The N-Queens Solver program aims to solve the problem of placing N number of queens on a NxN sized chess board. Often the number of queens being looked at is 8, however it is scalable to larger sizes.
The aim of this project was to analyze and find any benefits that may exist when solving the problem using a recursive algorithm over an iterative algorithm.
This program compares two different approaches both with an iterative algorithm, and a recursive solution.
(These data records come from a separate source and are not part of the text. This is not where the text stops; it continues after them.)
-- ===== src/TreeBin/Unlink/Replace.antt =====
-- A subtree replaced in memory: the parent of its root points to the new root, and the rest of the
-- tree stands.
use dlmalloc_rs.Prelude.{ℕ, ◌<◌, ◌≡◌, ◌≢◌, ◌∙◌, ◌⊎◌, inl, inr, refl, sym, subst, List, arith, All}
use dlmalloc_rs.State.{State}
use dlmalloc_rs.TreeBin.Trie.{Trie, leaf, node, Represents}
use dlmalloc_rs.TreeBin.Separate.{
  EveryChunk, Avoids, IsSeparate, SameNode, SameAt, EveryChunk-mono, EveryChunk-both, All-map,
  All-both, Avoids-swap, Represents-frame, Represents-node,
}
use dlmalloc_rs.TreeBin.Unlink.{
  Below, at_left, at_right, in_left, in_right, replace, Below-EveryChunk,
}

-- The field of `xp` that led to `x` now leads to `q`.
abbrev pub Relinked : (s t : State) (xp x q : ℕ) → Type 0
Relinked s t xp x q =
    ((s.heap.child0 xp ≡ x) × (t.heap.child0 xp ≡ q) × (t.heap.child1 xp ≡ s.heap.child1 xp))
    ⊎ ((s.heap.child1 xp ≡ x) × (t.heap.child1 xp ≡ q) × (t.heap.child0 xp ≡ s.heap.child0 xp))

-- A pointer to another subtree.
pub not_child :
    (s : State) (i up p x : ℕ) (t : Trie) → Represents s i up p t → Avoids x t → 0 < x → p ≢ x
not_child s i up p x leaf m off pos = omega (arith, m, pos)
not_child s i up p x (node a n ring l r) m off pos = λ e. off.0 (sym e ∙ m.0)

module _ (s : State) (i x n : ℕ) (rg : List ℕ) (l r : Trie) where
  -- The root's parent is one of the chunks of the tree around it.
  pub parent_in :
      (P : ℕ → Type 0) (up p : ℕ) {t : Trie}
      → Below (node x n rg l r) t
      → Represents s i up p t
      → EveryChunk P t
      → P (s.heap.parent x)
  parent_in P up p at_left m h = subst P (sym m.4.1.parent) h.0
  parent_in P up p at_right m h = subst P (sym m.5.1.parent) h.0
  parent_in P up p (in_left {a} b) m h = parent_in P a (s.heap.child0 a) b m.4 h.2
  parent_in P up p (in_right {a} b) m h = parent_in P a (s.heap.child1 a) b m.5 h.3

  pub parent_link :
      (up p : ℕ) {t : Trie}
      → Below (node x n rg l r) t
      → Represents s i up p t
      → (s.heap.child0 (s.heap.parent x) ≡ x) ⊎ (s.heap.child1 (s.heap.parent x) ≡ x)
  parent_link up p at_left m = inl (subst (λ q. s.heap.child0 q ≡ x) (sym m.4.1.parent) m.4.0)
  parent_link up p at_right m = inr (subst (λ q. s.heap.child1 q ≡ x) (sym m.5.1.parent) m.5.0)
  parent_link up p (in_left {a} b) m = parent_link a (s.heap.child0 a) b m.4
  parent_link up p (in_right {a} b) m = parent_link a (s.heap.child1 a) b m.5

  pub Below-Represents :
      (up p : ℕ) {t : Trie}
      → Below (node x n rg l r) t
      → Represents s i up p t
      → Represents s i (s.heap.parent x) x (node x n rg l r)
  Below-Represents up p (at_left {a}) m =
      subst (λ q. Represents s i q x (node x n rg l r)) (sym m.4.1.parent)
        (subst (λ q. Represents s i a q (node x n rg l r)) m.4.0 m.4)
  Below-Represents up p (at_right {a}) m =
      subst (λ q. Represents s i q x (node x n rg l r)) (sym m.5.1.parent)
        (subst (λ q. Represents s i a q (node x n rg l r)) m.5.0 m.5)
  Below-Represents up p (in_left {a} b) m = Below-Represents a (s.heap.child0 a) b m.4
  Below-Represents up p (in_right {a} b) m = Below-Represents a (s.heap.child1 a) b m.5

  module _ (t : State) (v : Trie) (q : ℕ) (low : t.m.least_addr ≡ s.m.least_addr)
      (same : (y : ℕ) → Avoids y (node x n rg l r) → y ≢ s.heap.parent x → SameAt s t y)
      (at : SameNode s t (s.heap.parent x)) (linked : Relinked s t (s.heap.parent x) x q)
      (base : Represents t i (s.heap.parent x) q v) where
    -- The children of the parent, when `x` is the left one, and when it is the right one.
    linked_left :
        (a : ℕ) (w : Trie)
        → s.heap.parent x ≡ a
        → Represents s i a (s.heap.child1 a) w
        → Avoids x w
        → 0 < x
        → (t.heap.child0 a ≡ q) × (t.heap.child1 a ≡ s.heap.child1 a)
    linked_left a w e m off pos =
        let at_a = subst (λ (b : ℕ). Relinked s t b x q) e linked in
        elim at_a [
          | inl h ↦ (h.1, h.2)
          | inr h ↦ absurd (not_child s i a (s.heap.child1 a) x w m off pos h.0)
        ]

    linked_right :
        (a : ℕ) (w : Trie)
        → s.heap.parent x ≡ a
        → Represents s i a (s.heap.child0 a) w
        → Avoids x w
        → 0 < x
        → (t.heap.child1 a ≡ q) × (t.heap.child0 a ≡ s.heap.child0 a)
    linked_right a w e m off pos =
        let at_a = subst (λ (b : ℕ). Relinked s t b x q) e linked in
        elim at_a [
          | inl h ↦ absurd (not_child s i a (s.heap.child0 a) x w m off pos h.0)
          | inr h ↦ (h.1, h.2)
        ]

    -- Chunks apart from the parent and from the subtree.
    others :
        (a : ℕ) (w : Trie)
        → s.heap.parent x ≡ a
        → EveryChunk (λ y. Avoids y (node x n rg l r)) w
        → Avoids a w
        → EveryChunk (SameAt s t) w
    others a w e off off_a =
        EveryChunk-mono _ _ w (λ y h. same y h.0 (λ e'. h.1 (sym (e' ∙ e))))
          (EveryChunk-both _ _ w off off_a)

    others_ring :
        (a : ℕ) (ring : List ℕ)
        → s.heap.parent x ≡ a
        → All (λ y. Avoids y (node x n rg l r)) ring
        → All (λ y. a ≢ y) ring
        → All (SameAt s t) ring
    others_ring a ring e off off_a =
        All-map _ _ ring (λ y h. same y h.0 (λ e'. h.1 (sym (e' ∙ e))))
          (All-both _ _ ring off off_a)

    -- Chunks apart from a tree around the subtree.
    around :
        (up p y : ℕ) {u : Trie}
        → Below (node x n rg l r) u
        → Represents s i up p u
        → Avoids y u
        → SameAt s t y
    around up p y b m off =
        same y (Below-EveryChunk (λ z. y ≢ z) (node x n rg l r) b off)
          (parent_in (λ z. y ≢ z) up p b m off)

    pub replace-Represents :
        (up p : ℕ) {u : Trie} (b : Below (node x n rg l r) u)
        → Represents s i up p u
        → IsSeparate u
        → Represents t i up p (replace b v)
    replace-Represents up p (at_left {a} {n = k} {ring} {r = w}) m d =
        let u = node x n rg l r in
        let e = m.4.1.parent in
        let links = linked_left a w e m.5 d.3.0 m.4.1.nonnull in
        subst (λ c. Represents t i up c (node a k ring v w)) (sym m.0)
          (Represents-node s t i up a k ring u w v w low (subst (SameNode s t) e at)
            (others_ring a ring e (All-map _ _ ring (λ y h. h.0) d.2) d.0.0)
            (refl, m.1, m.2, m.3, m.4, m.5)
            (subst (λ c. Represents t i a c v) (sym links.0)
              (subst (λ c. Represents t i c q v) e base))
            (subst (λ c. Represents t i a c w) (sym links.1)
              (Represents-frame s t i a (s.heap.child1 a) w low
                (others a w e (Avoids-swap u w d.3) d.1.1) m.5)))
    replace-Represents up p (at_right {a} {n = k} {ring} {l = w}) m d =
        let u = node x n rg l r in
        let e = m.5.1.parent in
        let back = Avoids-swap w u d.3 in
        let links = linked_right a w e m.4 back.0 m.5.1.nonnull in
        subst (λ c. Represents t i up c (node a k ring w v)) (sym m.0)
          (Represents-node s t i up a k ring w u w v low (subst (SameNode s t) e at)
            (others_ring a ring e (All-map _ _ ring (λ y h. h.1) d.2) d.0.0)
            (refl, m.1, m.2, m.3, m.4, m.5)
            (subst (λ c. Represents t i a c w) (sym links.1)
              (Represents-frame s t i a (s.heap.child0 a) w low (others a w e d.3 d.1.0) m.4))
            (subst (λ c. Represents t i a c v) (sym links.0)
              (subst (λ c. Represents t i c q v) e base)))
    replace-Represents up p (in_left {a} {n = k} {ring} {l = u} {r = w} b) m d =
        let here = around a (s.heap.child0 a) a b m.4 d.1.0 in
        let off = Avoids-swap u w d.3 in
        subst (λ c. Represents t i up c (node a k ring (replace b v) w)) (sym m.0)
          (Represents-node s t i up a k ring u w (replace b v) w low here.node_same
            (All-map _ _ ring (λ y h. around a (s.heap.child0 a) y b m.4 h.0) d.2)
            (refl, m.1, m.2, m.3, m.4, m.5)
            (subst (λ c. Represents t i a c (replace b v)) (sym here.child0)
              (replace-Represents a (s.heap.child0 a) b m.4 d.4))
            (subst (λ c. Represents t i a c w) (sym here.child1)
              (Represents-frame s t i a (s.heap.child1 a) w low
                (EveryChunk-mono _ _ w (λ y h. around a (s.heap.child0 a) y b m.4 h) off) m.5)))
    replace-Represents up p (in_right {a} {n = k} {ring} {l = w} {r = u} b) m d =
        let here = around a (s.heap.child1 a) a b m.5 d.1.1 in
        subst (λ c. Represents t i up c (node a k ring w (replace b v))) (sym m.0)
          (Represents-node s t i up a k ring w u w (replace b v) low here.node_same
            (All-map _ _ ring (λ y h. around a (s.heap.child1 a) y b m.5 h.1) d.2)
            (refl, m.1, m.2, m.3, m.4, m.5)
            (subst (λ c. Represents t i a c w) (sym here.child0)
              (Represents-frame s t i a (s.heap.child0 a) w low
                (EveryChunk-mono _ _ w (λ y h. around a (s.heap.child1 a) y b m.5 h) d.3) m.4))
            (subst (λ c. Represents t i a c (replace b v)) (sym here.child1)
              (replace-Represents a (s.heap.child1 a) b m.5 d.5)))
Both variations allow for input of the size of board and allow users to print solutions in terminal and choose whether or not to write to a file.
To execute simply run either iterative.py
or recursive.py
Described below is the algorithm pseudocode used in the planning of the implementation of each solution.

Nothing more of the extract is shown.